Latest Mind-Alliance Systems, LLC. Patents:
This application claims priority from U.S. Provisional Patent Application No. 61/027,361, filed Feb. 8, 2008, the entire content of which is hereby incorporated by reference.
BACKGROUND OF THE INVENTIONTags are known in the art as a relevant keyword or term associated with or assigned to a piece of information (e.g., a picture, a geographic map, a blog entry, a video clip etc.), thus describing the item and enabling keyword-based classification and search of information. Tags serves as metadata labels or keywords for and a means to organize information and data objects making them findable via search, browsing and other content retrieval and navigation methods. Metadata is generally known as data that provides information about or describes other data.
Tagging, also known as collaborative tagging, folksonomy, social classification, social indexing, etc., is generally known in the art as the practice and method of collaboratively creating and managing tags to annotate and categorize content. In contrast to traditional subject indexing, metadata is not only generated by experts but also by creators and consumers of the content. Usually, freely chosen keywords are used instead of a controlled vocabulary. A controlled vocabulary is generally known in the art as words that are used in subject indexing schemes, subject headings, thesauri and taxonomies. Controlled vocabulary schemes should use predefined, authorized terms that have been preselected by the designer of the controlled vocabulary, as opposed to natural language vocabularies where there is no restriction on the vocabulary that can be used.
Tagging of data on sites such as Delicious™ is performed using free-form tags that are entirely chosen or added at the discretion of the creator. Current state of the art involves a user tagging digital data artifacts (e.g. bookmarks, news articles or blog entries) with personally defined key word tags. This open or unstructured approach to tagging, or concept classification, may be applied, and is closely related, to the practice of social bookmarking whereby a community of users openly share bookmarks based on common tags. Other examples of such systems include Netvouz™, CiteULike™, and Connotea™.
There exist tools that cater to academic communities, and provide more formal classification using resource description languages. For instance, Dublin Core® is known in the art as providing a set of conventions for describing digital materials online in ways that make the digital materials easier to find. Dublin Core is used to describe digital materials such as video, sound, image, text, and composite media like web pages. Another tool is the Metadata Object Description Schema (“MODS”), which is known in the art as an XML-based bibliographic description schema developed by the U.S. Library of Congress, and designed to provide a schema for a bibliographic element set that may be used for a variety of purposes, particularly for library applications. MODS was designed as a compromise between the complexity of a previous format used by libraries and the comparative simplicity of Dublin Core metadata. Dublin Core and MODS store not only user-supplied tags, but also structured citation metadata whenever possible. The provision of rich, structured bibliographical metadata means that the user is provided with an accurate third-party identification of a document or author, which could be used to aid retrieval, but is also free to search on user-supplied terms so that documents of interest (or rather, references to documents) can be made discoverable and aggregated with other similar descriptions either recorded by a particular user or by other users.
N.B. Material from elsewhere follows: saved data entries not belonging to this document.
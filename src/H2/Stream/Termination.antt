-- ===== src/H2/Stream/Termination.antt =====
-- Sending a chunk ends: the fuel of the loop in src/http2/stream.rs is enough.
use qhttp.Base.{
  ℕ, zero, suc, ◌+◌, ◌≡◌, ◌≢◌, ◌<◌, List, [], ◌∷◌, ok, panic, arith, >>=-panic, >>=-ok, inl, inr,
  length, length-drop,
}
use qhttp.Base.Int.{ℤ, pos, negsuc}
use qhttp.H2.Settings.{to_i32}
use qhttp.H2.Crates.{Crates}
use qhttp.H2.Stream.{Stream, Input, at, tell, take_body, handle_req, main_select}
use qhttp.H2.Stream.Body.{
  Round, part_sent, idle, ask_for_window, part_size, send_part, use_window, send_round, send_chunk,
  send_next, stream_error,
}

main_select-ne-panic : (s : Stream) (i : Input) → main_select s i ≢ panic
unfolding main_select handle_req take_body tell
main_select-ne-panic s i h = ground arith

module _ (lib : Crates) where
  send_round-ne-panic :
      (s : Stream) (needed : ℤ) (bytes : List ℕ) → send_round lib s needed bytes ≢ panic
  unfolding send_round ask_for_window use_window send_part tell
  send_round-ne-panic s needed bytes h = ground arith

  use_window-shorter :
      (s : Stream) (needed : ℤ) (b : ℕ) (bytes : List ℕ) (available : ℤ) {s' : Stream} {needed' : ℤ}
      {rest : List ℕ}
      → use_window lib s needed (b ∷ bytes) available ≡ ok (part_sent s' needed' rest)
      → length rest < length (b ∷ bytes)
  unfolding use_window send_part tell
  use_window-shorter s needed b bytes (pos zero) h = cc
  use_window-shorter s needed b bytes (pos (suc n)) h =
      ground (arith, length-drop (part_size (suc n) (b ∷ bytes)) (b ∷ bytes))
  use_window-shorter s needed b bytes (negsuc n) h = cc

  send_round-shorter :
      (s : Stream) (needed : ℤ) (b : ℕ) (bytes : List ℕ) {s' : Stream} {needed' : ℤ} {rest : List ℕ}
      → send_round lib s needed (b ∷ bytes) ≡ ok (part_sent s' needed' rest)
      → length rest < length (b ∷ bytes)
  unfolding send_round
  send_round-shorter s needed b bytes h =
      let (r, q, q') = >>=-ok (ask_for_window s needed) _ h in
      use_window-shorter r.0 r.1 b bytes (r.0).available q'

  at_round-ne-panic :
      (fuel : ℕ)
      → ((s : Stream) (needed : ℤ) (bytes : List ℕ) (inputs : List Input)
          → length bytes + length inputs < fuel
          → send_chunk lib fuel s needed bytes inputs ≢ panic)
      → (s : Stream) (needed : ℤ) (b : ℕ) (bytes : List ℕ) (inputs : List Input)
      → length (b ∷ bytes) + length inputs < suc fuel
      → send_chunk lib (suc fuel) s needed (b ∷ bytes) inputs ≡ panic
      → (round : Round) → send_round lib s needed (b ∷ bytes) ≢ ok round
  unfolding send_chunk
  at_round-ne-panic fuel ih s needed b bytes inputs f h (part_sent s' needed' rest) q =
      ih s' needed' rest inputs (omega (arith, f, send_round-shorter s needed b bytes q))
        (rw q at h)
  at_round-ne-panic fuel ih s needed b bytes [] f h (idle s' needed') q = cc
  at_round-ne-panic fuel ih s needed b bytes (i ∷ inputs) f h (idle s' needed') q =
      elim (>>=-panic (main_select s' i) _ (rw q at h)) [
        | inl p ↦ main_select-ne-panic s' i p
        | inr (s₁, p, k) ↦ ih s₁ needed' (b ∷ bytes) inputs (omega (arith, f)) k
      ]

  send_chunk-ne-panic :
      (fuel : ℕ) (s : Stream) (needed : ℤ) (bytes : List ℕ) (inputs : List Input)
      → length bytes + length inputs < fuel
      → send_chunk lib fuel s needed bytes inputs ≢ panic
  unfolding send_chunk
  send_chunk-ne-panic fuel s needed [] inputs f h = cc
  send_chunk-ne-panic zero s needed (b ∷ bytes) inputs f h = omega (arith, f)
  send_chunk-ne-panic (suc fuel) s needed (b ∷ bytes) inputs f h =
      elim (>>=-panic (send_round lib s needed (b ∷ bytes)) _ h) [
        | inl p ↦ send_round-ne-panic s needed (b ∷ bytes) p
        | inr (round, p, k) ↦
            at_round-ne-panic fuel (send_chunk-ne-panic fuel) s needed b bytes inputs f h round p
      ]

  -- Sending what was read of a body ends, whatever the inputs: with the chunk sent, with the stream
  -- waiting for an input, or with an error.
  pub send_next-ne-panic :
      (s : Stream) (bytes : List ℕ) (inputs : List Input) → send_next lib s bytes inputs ≢ panic
  unfolding send_next tell
  send_next-ne-panic s [] inputs h = ground arith
  send_next-ne-panic s (b ∷ bytes) inputs h =
      elim (>>=-panic (at s (to_i32 (length (b ∷ bytes)) stream_error)) _ h) [
        | inl p ↦ ground arith
        | inr (n, p, k) ↦ send_chunk-ne-panic _ s (pos n) (b ∷ bytes) inputs (omega arith) k
      ]
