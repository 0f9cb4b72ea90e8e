-- ===== src/Lib.antt =====
-- isobox: a daemon that runs untrusted code in gVisor sandboxes, one-shot or in sessions, and keeps
-- a memory of key-value stores and volumes for its tenants.
--
-- The program's parts, the file that models each, and how they meet:
--   internal/executor/executor.go, gvisor.go   Executor, Executor/CapWriter, Executor/Shell,
--     Executor/Gvisor: the data of an execution, the capped output (`write`, `pump`), the quoting
--     and the file names, the network decision and the arguments of `docker run`.
--   internal/executor/warmpool.go              Executor/WarmPool: the pool of booted containers,
--     its calls as steps; every call of docker is an entry of the pool's log.
--   internal/sched/semaphore.go                Sched: the limiter, over golang.org/x/sync's
--     semaphore, which is the parameter `Weighted` with its documented laws. Sched/Laws gives its
--     clients the interface `Slots`, which the limiter fills.
--   internal/session/kernel.go                 Kernel, Kernel/Exec: the engine of the resident
--     kernels over `Slots`, and the read loop of one step (`read_frames`); Kernel/Exec/Step: a
--     step as a whole, and the start of a kernel and of the engine.
--   internal/session/manager.go                Session and its children: Create, Teardown (Destroy,
--     drop, dropReaped), Sweep, Files, Kernels (Get, KernelExec); Session/Teardown/Races the
--     teardowns that race for a session.
--   internal/memory/kv.go, volume.go           Memory/Kv, Memory/Kv/Sweep over the parameters `Bolt`
--     (a bbolt file) and `Codec` (gob), Memory/Kv/Listing (List, over the entries that a cursor
--     walks), Memory/Kv/Store (the files of all tenants), Memory/Kv/History (a sequence of calls
--     beside a plain map); Memory/Volume: the volumes and their
--     writer lock, Memory/Volume/Scan the index against the disk, Memory/Volume/Views the rest.
--   internal/registry/registry.go              Registry, after the YAML decoding.
--   internal/api/execute.go                    Api/Limits: clampLimits and buildSpec; Api/Execute:
--     the buffered path of handleExecute, which submits a job to the queue.
--   internal/queue/*.go                        Queue: the job bus over the parameters `Broker` (the
--     stream of Valkey) and `Json`, the in-process driver, and the local run (internal/api/metrics.go).
--   internal/api/ratelimit.go                  Api/RateLimit, over golang.org/x/time/rate.
--   cmd/isoboxd/main.go                        Daemon: loadKeyStore and what it reads.
--   internal/api/router.go                     Api/Gate: authMiddleware and requireTenantKey.
--   internal/api/sessions.go                   Api/Sessions: handleCreateSession over the session
--     manager and the volumes, with Api/Sessions/Filesystem and Resident for its two paths and
--     Handler for the whole; Api/Steps and Api/Files: the other handlers; Api/Errors: the statuses.
--   internal/api/volumes.go, memory.go         Api/Volumes, Api/Memory: their handlers.
--   internal/auth/keystore.go                  Auth, over SHA-256 as a parameter.
--   Strings and Paths hold what the program uses of Go's strings and path/filepath.
--
-- How the state corresponds: a Go string is a list of bytes, a map an association list (or, for a
-- bbolt file, the parameter's type), a struct a record, and what Go reaches through a pointer a
-- value that an operation puts back under its key. Operations pass the state on explicitly; an
-- error is a value, and none of an Option stands for a panic of the daemon where the comment at
-- the definition says so. Clocks, generators, docker, the file system and the waits for a slot are
-- inputs. A number is natural: where the source has a signed one, its values below zero are 0 here,
-- as the comments say, and a subtraction that the source lets go below zero is written out. Each
-- critical section is one step; what may run between two of them is stated where a theorem is
-- about it, and Create's check of the number of sessions and its insertion are one step here. The
-- checks of a volume's Attach are one step and its lock section another; the handlers of the sessions
-- run the two with nothing in between. The warm pool's Execute is two steps, the lease and the end
-- of the exec.
--
-- Fuel: only `decimal_within` and the shell's reader `words` take a bound, 19 digits of an int64 and
-- the number of words. A worker's loop has no end, so `Queue.work_all` takes the number of its turns.
-- Every other loop is structural.
--
-- Not modelled: health, metrics and the streamed path of handleExecute
-- (internal/api), the connection to Valkey and the start and end of its workers (internal/queue),
-- the container reaper (internal/reaper), logging and metrics (internal/obs), the static site
-- (internal/web) and the rest of cmd/isoboxd, its wiring, which are I/O or glue, but for OnDrop, which
-- Api/Sessions carries out; the encoding of HTTP and of server-sent events; and the run of a docker
-- command.
pub mod Prelude
pub mod Strings
pub mod Paths
pub mod Executor
pub mod Sched
pub mod Kernel
pub mod Registry
pub mod Api
pub mod Queue
pub mod Daemon
pub mod Auth
pub mod Memory
pub mod Session
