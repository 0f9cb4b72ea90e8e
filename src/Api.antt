-- ===== src/Api.antt =====
-- internal/api: the decisions of the HTTP handlers.
pub mod Limits
pub mod RateLimit
pub mod Execute
pub mod Reply
pub mod Gate
pub mod Errors
pub mod Sessions
pub mod Steps
pub mod Files
pub mod Denied
pub mod Volumes
pub mod Memory
pub mod Tests
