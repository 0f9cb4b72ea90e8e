-- ===== src/Prelude/Maps.antt =====
-- Finite maps as association lists, over keys with a decidable equality and the library's `lookup`.
use Prim.Native.Nat.{ℕ, ◌+◌}
use mathlib.Core.Path.{◌≡◌, refl, sym, subst, ◌∙◌}
use mathlib.Core.Logic.{◌≢◌, ite, if_pos, if_neg}
use mathlib.Core.List.{List, [], ◌∷◌, map, lookup}
use isobox.Prelude.Lists.{All}
use mathlib.Core.Option.{none, some}
use native.Mathlib.Omega.{arith}

abbrev pub keys {ℓ κ} : {K : Type ℓ} {V : Type κ} → List (K × V) → List K
keys = map λ e. e.0

module _ {ℓ} {K V : Type ℓ} (dec : Discrete K) where
  -- Deletes the key's entry; a missing key is no error.
  unfoldable pub remove : K → List (K × V) → List (K × V)
  remove k [] = []
  remove k ((j, v) ∷ m) = ite (dec k j) (remove k m) ((j, v) ∷ remove k m)

  -- Overwrites the key's entry in place, or adds one.
  unfoldable pub update : K → V → List (K × V) → List (K × V)
  update k v [] = (k, v) ∷ []
  update k v ((j, w) ∷ m) = ite (dec k j) ((k, v) ∷ m) ((j, w) ∷ update k v m)

  pub lookup-update_self : (k : K) (v : V) (m : List (K × V)) → lookup dec k (update k v m) ≡ some v
  unfolding lookup update
  lookup-update_self k v [] = ground arith
  lookup-update_self k v ((j, w) ∷ m) = ground (arith, lookup-update_self k v m)

  pub lookup-update_ne :
      (k q : K) (v : V) (m : List (K × V)) → q ≢ k → lookup dec q (update k v m) ≡ lookup dec q m
  unfolding lookup update
  lookup-update_ne k q v [] h = ground arith
  lookup-update_ne k q v ((j, w) ∷ m) h = ground (arith, lookup-update_ne k q v m)

  pub lookup-remove_self : (k : K) (m : List (K × V)) → lookup dec k (remove k m) ≡ none
  unfolding lookup remove
  lookup-remove_self k [] = refl
  lookup-remove_self k ((j, w) ∷ m) = ground (arith, lookup-remove_self k m)

  pub lookup-remove_ne :
      (k q : K) (m : List (K × V)) → q ≢ k → lookup dec q (remove k m) ≡ lookup dec q m
  unfolding lookup remove
  lookup-remove_ne k q [] h = refl
  lookup-remove_ne k q ((j, w) ∷ m) h = ground (arith, lookup-remove_ne k q m)

  pub update-update_self :
      (k : K) (v w : V) (m : List (K × V)) → update k v (update k w m) ≡ update k v m
  unfolding update
  update-update_self k v w [] = ground arith
  update-update_self k v w ((j, x) ∷ m) = ground (arith, update-update_self k v w m)

  pub update-lookup :
      (k : K) (v : V) (m : List (K × V)) → lookup dec k m ≡ some v → update k v m ≡ m
  unfolding lookup update
  update-lookup k v [] h = cc
  update-lookup k v ((j, w) ∷ m) h = ground (arith, update-lookup k v m)

  pub remove_absent : (k : K) (m : List (K × V)) → lookup dec k m ≡ none → remove k m ≡ m
  unfolding lookup remove
  remove_absent k [] h = refl
  remove_absent k ((j, w) ∷ m) h = ground (arith, remove_absent k m)

-- The total of a measure of the values.
abbrev pub sum_by {ℓ} : {K V : Type ℓ} → (V → ℕ) → List (K × V) → ℕ
sum_by f [] = 0
sum_by f ((k, v) ∷ m) = f v + sum_by f m

-- No key has two entries.
abbrev pub Distinct {ℓ} : {K V : Type ℓ} → Discrete K → List (K × V) → Type ℓ
Distinct dec [] = Unit
Distinct dec ((k, v) ∷ m) = (lookup dec k m ≡ none) × Distinct dec m

module _ {ℓ} {K V : Type ℓ} (dec : Discrete K) where
  lookup-remove-none :
      (k q : K) (m : List (K × V)) → lookup dec q m ≡ none → lookup dec q (remove dec k m) ≡ none
  unfolding lookup remove
  lookup-remove-none k q [] h = refl
  lookup-remove-none k q ((j, w) ∷ m) h = ground (arith, lookup-remove-none k q m)

  pub remove-Distinct : (k : K) (m : List (K × V)) → Distinct dec m → Distinct dec (remove dec k m)
  unfolding remove
  remove-Distinct k [] d = tt
  remove-Distinct k ((j, w) ∷ m) d = elim (dec k j) [
    | yes p ↦ rw (if_pos _ p) (remove-Distinct k m d.1)
    | no p ↦ rw (if_neg _ p) (lookup-remove-none k j m d.0, remove-Distinct k m d.1)
  ]

  pub update-Distinct :
      (k : K) (v : V) (m : List (K × V)) → Distinct dec m → Distinct dec (update dec k v m)
  unfolding update lookup
  update-Distinct k v [] d = (refl, tt)
  update-Distinct k v ((j, w) ∷ m) d = elim (dec k j) [
    | yes p ↦ rw (if_pos _ p) (rw p d.0, d.1)
    | no p ↦
        rw (if_neg _ p)
          (lookup-update_ne dec k j v m (λ e. p (sym e)) ∙ d.0, update-Distinct k v m d.1)
  ]

module _ {ℓ κ} {K V : Type ℓ} (dec : Discrete K) (P : K × V → Type κ) where
  pub All-remove : (k : K) (m : List (K × V)) → All P m → All P (remove dec k m)
  unfolding remove
  All-remove k [] h = tt
  All-remove k ((j, w) ∷ m) h = elim (dec k j) [
    | yes p ↦ rw (if_pos _ p) (All-remove k m h.1)
    | no p ↦ rw (if_neg _ p) (h.0, All-remove k m h.1)
  ]

  pub All-update :
      (k : K) (v : V) (m : List (K × V)) → P (k, v) → All P m → All P (update dec k v m)
  unfolding update
  All-update k v [] p h = (p, tt)
  All-update k v ((j, w) ∷ m) p h = elim (dec k j) [
    | yes e ↦ rw (if_pos _ e) (p, h.1)
    | no e ↦ rw (if_neg _ e) (h.0, All-update k v m p h.1)
  ]

  pub All-lookup : (k : K) (v : V) (m : List (K × V)) → All P m → lookup dec k m ≡ some v → P (k, v)
  unfolding lookup
  All-lookup k v [] h e = cc
  All-lookup k v ((j, w) ∷ m) h e = elim (dec k j) [
    | yes p ↦ subst P (pair_path p e) h.0
    | no p ↦ All-lookup k v m h.1 (rw (if_neg _ p) at e)
  ]
    where
      pair_path : k ≡ j → lookup dec k ((j, w) ∷ m) ≡ some v → ◌≡◌ {A = K × V} (j, w) (k, v)
      pair_path p e = ground arith

module _ {ℓ} {K V : Type ℓ} (dec : Discrete K) (f : V → ℕ) where
  pub sum_by-remove :
      (k : K) (v : V) (m : List (K × V))
      → Distinct dec m
      → lookup dec k m ≡ some v
      → sum_by f (remove dec k m) + f v ≡ sum_by f m
  unfolding lookup remove
  sum_by-remove k v [] d h = cc
  sum_by-remove k v ((j, w) ∷ m) d h = elim (dec k j) [
    | yes p ↦ ground (arith, remove_absent dec k m)
    | no p ↦ ground (arith, sum_by-remove k v m d.1)
  ]

  pub sum_by-update_new :
      (k : K) (v : V) (m : List (K × V))
      → lookup dec k m ≡ none
      → sum_by f (update dec k v m) ≡ sum_by f m + f v
  unfolding lookup update
  sum_by-update_new k v [] h = omega arith
  sum_by-update_new k v ((j, w) ∷ m) h = ground (arith, sum_by-update_new k v m)

  pub sum_by-update :
      (k : K) (v w : V) (m : List (K × V))
      → lookup dec k m ≡ some w
      → sum_by f (update dec k v m) + f w ≡ sum_by f m + f v
  unfolding lookup update
  sum_by-update k v w [] h = cc
  sum_by-update k v w ((j, x) ∷ m) h = elim (dec k j) [
    | yes p ↦ ground arith
    | no p ↦ ground (arith, sum_by-update k v w m)
  ]

pub ruleset map_laws = (lookup-update_self, lookup-update_ne, lookup-remove_self, lookup-remove_ne)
Another related technology is off-line and online word processing usage of user-insertable comments as “sticky notes” or right margin comments. However, the user's comments can only contain static and unstructured text. The currently known state of the art does not provide a method to attach structured data to a comment, or to attach dynamically updated data, or video files, all of which contain metadata that can support filtering and browsing of comments.
Folksonomies and user-based tagging are known in the art, at least as described by blogger Ellyssa Kroski at blog web site Blogsome™. Kroski adds to, or expands upon, the terms of art referenced herein; and provides discussion of knowledge of those skilled in the art.
Del.ico.us is known by those skilled in the art as a social bookmarking site. Web bookmarks are saved to a delicious page. The perceived benefit is that users can then access the bookmarks from any internet-connected computer since they are no longer only stored locally. Descriptive keywords may be added to tag the bookmark, facilitating organization of data by category or tag. Users can browse or search other users' bookmarks by the tags.
Flickr is known to those skilled in the art as a digital image storage and management website. Flickr allows organization of photos into albums, tag them with descriptive keywords, and view photos from other users. Flickr allows navigation by tag or user as the previous two sites, as well as by group. Groups are places for users who share similar interests to post their images.
A cognitive analysis of tagging is known in the art, at least as described in one or more publications by Rashmi Sinha.
Proposed scheme(s) using a Namespace Identifier (NID) for one URN which identifies the family of subject-tag metadata, and a family of URNs each of which identifies one subject tag, is known in the art at least by Internet-Draft titled “A Uniform Resource Name (URN) Namespace for Tag Metadata,” submitted to the Internet Engineering Task Force (IETF) Network Working Group, Feb. 1, 2007.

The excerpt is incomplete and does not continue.